No Forking Way: Detecting Cloning Attacks on Intel SGX Applications

TL;DR

This paper introduces CloneBuster, a practical clone detection method for Intel SGX that detects cloning attacks without needing a trusted third party, enhancing security for SGX applications.

Contribution

CloneBuster is the first clone detection mechanism for SGX that operates without a TTP, enabling existing applications to be protected against cloning attacks.

Findings

Approximately 20% of analyzed SGX apps are vulnerable to cloning.

CloneBuster effectively detects clones using a cache-based covert channel.

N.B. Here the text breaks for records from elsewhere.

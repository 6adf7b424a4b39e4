-- ===== src/Tests/Traffic.antt =====
-- Sockets, queues, invites and guards, at concrete inputs.
use bili_sync_play.Prelude.{
  List, [], arith, false, if◌then◌else◌, leb, none, or_else, refl, some, true, ◌<◌, ◌∷◌, ◌↔◌, ◌≡◌,
}
use bili_sync_play.Prelude.Tests.{text_discrete}
use bili_sync_play.Prelude.Dict
use bili_sync_play.Prelude.Sets
use bili_sync_play.RateLimit.{consume_fixed_window}
use bili_sync_play.Sockets.Heartbeat.{Event, run, sweeps, tracks}
use bili_sync_play.Sockets.Heartbeat.Laws.{missed, silent_socket_falls}
use bili_sync_play.Sockets.Security.{
  AttemptWindowEntry, Config, Platform, Policy, Request, accepted, connections_of, evaluate_upgrade,
  get_attempt_window, get_remote_address, origin_refusal, sweep_attempt_windows, window_minute_ms,
}
use bili_sync_play.Sockets.Security.Laws.{evaluate_upgrade-counts, sweep_is_unobservable}
use bili_sync_play.Queues.Limiter.Fair.{
  IsFair, Reaches, Reaches-IsFair, System, arrive, arrives, finish, finishes, here, onward, start,
}
use bili_sync_play.Queues.Durable.{World, failed, landed, run_with_retries}
use bili_sync_play.Queues.Durable as Writing
use bili_sync_play.Queues.Durable.Retries.{IsHonest, run_with_retries-IsHonest}
use bili_sync_play.Tests.Values.{session_of}

abbrev three_sweeps : List Event
three_sweeps = sweeps (λ _. false) ∷ sweeps (λ _. false) ∷ sweeps (λ _. false) ∷ []

silent_socket_falls_example :
    let (tracked', terminated) = run true (tracks "s" (session_of "a") ∷ three_sweeps) [] in
    (missed "s" tracked' ≡ none) × (Sets.contains "s" terminated ≡ true)
silent_socket_falls_example =
    silent_socket_falls "s" (session_of "a") three_sweeps [] tt (refl, (refl, (refl, tt)))

-- Texts are taken as they are, and every address is one of IPv4.
abbrev platform : Platform
platform = record {
  trim = λ s. s;
  split_commas = λ s. s ∷ [];
  between_brackets = λ _. none;
  is_ip = λ _. 4;
  mapped_ipv4 = λ _. none;
  is_bare_moz_extension_origin = λ _. false;
}

abbrev config : Config
config = record {
  connection_attempts_per_minute = 2;
  max_connections_per_ip = 3;
  allowed_origins = "https://www.bilibili.com" ∷ [];
  allow_missing_origin_in_dev = false;
  allow_any_firefox_extension_origin = false;
  trusted = [];
}

abbrev upgrade : Request
upgrade = record {
  socket_remote_address = some "1.2.3.4";
  forwarded = none;
  origin = some "https://www.bilibili.com";
}

abbrev seen : AttemptWindowEntry
seen = record { counter = record { window_start = 1000; count = 1 }; last_seen_at = 1500 }

abbrev policy : Policy
policy = record {
  ip_attempt_windows = ("1.2.3.4", seen) ∷ [];
  ip_connection_counts = ("1.2.3.4", 1) ∷ [];
  evaluate_count = 63;
}

evaluate_upgrade-counts_example :
    let (policy', decision) = evaluate_upgrade platform config 2000 upgrade policy in
    let address = get_remote_address platform config upgrade in
    let key = or_else address "unknown" in
    let (counter, admitted) =
      consume_fixed_window
        (get_attempt_window key 2000 policy.ip_attempt_windows).counter
        2
        window_minute_ms
        2000 in
    (Dict.get key policy'.ip_attempt_windows
      ≡ some (record { counter = counter; last_seen_at = 2000 }))
    × ((decision ≡ accepted (record { remote_address = address; origin = upgrade.origin })) ↔ (
        (admitted ≡ true)
        × (origin_refusal platform config upgrade.origin ≡ none)
        × (connections_of key policy.ip_connection_counts < 3)))
unfolding Dict.get
evaluate_upgrade-counts_example =
    evaluate_upgrade-counts platform config 2000 upgrade policy (refl, tt)

sweep_is_unobservable_example :
    consume_fixed_window
      (get_attempt_window "1.2.3.4" 700000
        (sweep_attempt_windows 650000 [] (("1.2.3.4", seen) ∷ []))).counter
      2
      window_minute_ms
      700000
    ≡ consume_fixed_window
        (get_attempt_window "1.2.3.4" 700000 (("1.2.3.4", seen) ∷ [])).counter
        2
        window_minute_ms
        700000
unfolding Dict.get text_discrete
sweep_is_unobservable_example =
    sweep_is_unobservable 650000 700000 2 [] "1.2.3.4" (("1.2.3.4", seen) ∷ []) (ground arith)
      (refl, tt) (λ entry e. ground (arith, e))

abbrev one_waits : System
one_waits = arrive 1 8 (arrive 1 7 start)

one_waits-Reaches : Reaches 1 one_waits
one_waits-Reaches = onward (onward here (arrives 7)) (arrives 8)

Reaches-IsFair_example : IsFair 1 (finish one_waits)
unfolding arrive
Reaches-IsFair_example =
    Reaches-IsFair 1 (finish one_waits) (onward one_waits-Reaches (finishes (ground arith)))

-- The first attempt fails and the second one lands.
abbrev world : World
world = record {
  answer = λ n. if leb n 1 then failed else landed;
  stopped_at_start = false;
  stopped_after = λ _. false;
  superseded_after = λ _. false;
  superseded_once_waited = λ _. false;
  stopped_once_waited = λ _. false;
}

abbrev writing : Writing.Options
writing = record { retries = 2; initial_retry_delay_ms = 100; max_retry_delay_ms = 5000 }

run_with_retries-IsHonest_example : IsHonest writing world 2 1 (run_with_retries writing world)
run_with_retries-IsHonest_example = run_with_retries-IsHonest writing world refl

The mechanism adds minimal performance overhead and a small TCB increase.

Abstract

Forking attacks against TEEs like Intel SGX can be carried out either by rolling back the application to a previous state, or by cloning the application and by partitioning its inputs across the cloned instances. Current solutions to forking attacks require Trusted Third Parties (TTP) that are hard to find in real-world deployments. In the absence of a TTP, many TEE applications rely on monotonic counters to mitigate forking attacks based on rollbacks; however, they have no protection mechanism against forking attack based on cloning. In this paper, we analyze 72 SGX applications and show that approximately 20% of those are vulnerable to forking attacks based on cloning - including those that rely on monotonic counters. To address this problem, we present CloneBuster, the first practical clone-detection mechanism for Intel SGX that does not rely on a TTP and, as such, can be used directly to protect existing applications. CloneBuster allows enclaves to (self-) detect whether another enclave with the same binary is running on the same platform. To do so, CloneBuster relies on a cache-based covert channel for enclaves to signal their presence to (and detect the presence of) clones on the same machine. We show that CloneBuster is robust despite a malicious OS, only incurs a marginal impact on the application performance, and adds approximately 800 LoC to the TCB. When used in conjunction with monotonic counters, CloneBuster allows applications to benefit from a comprehensive protection against forking attacks.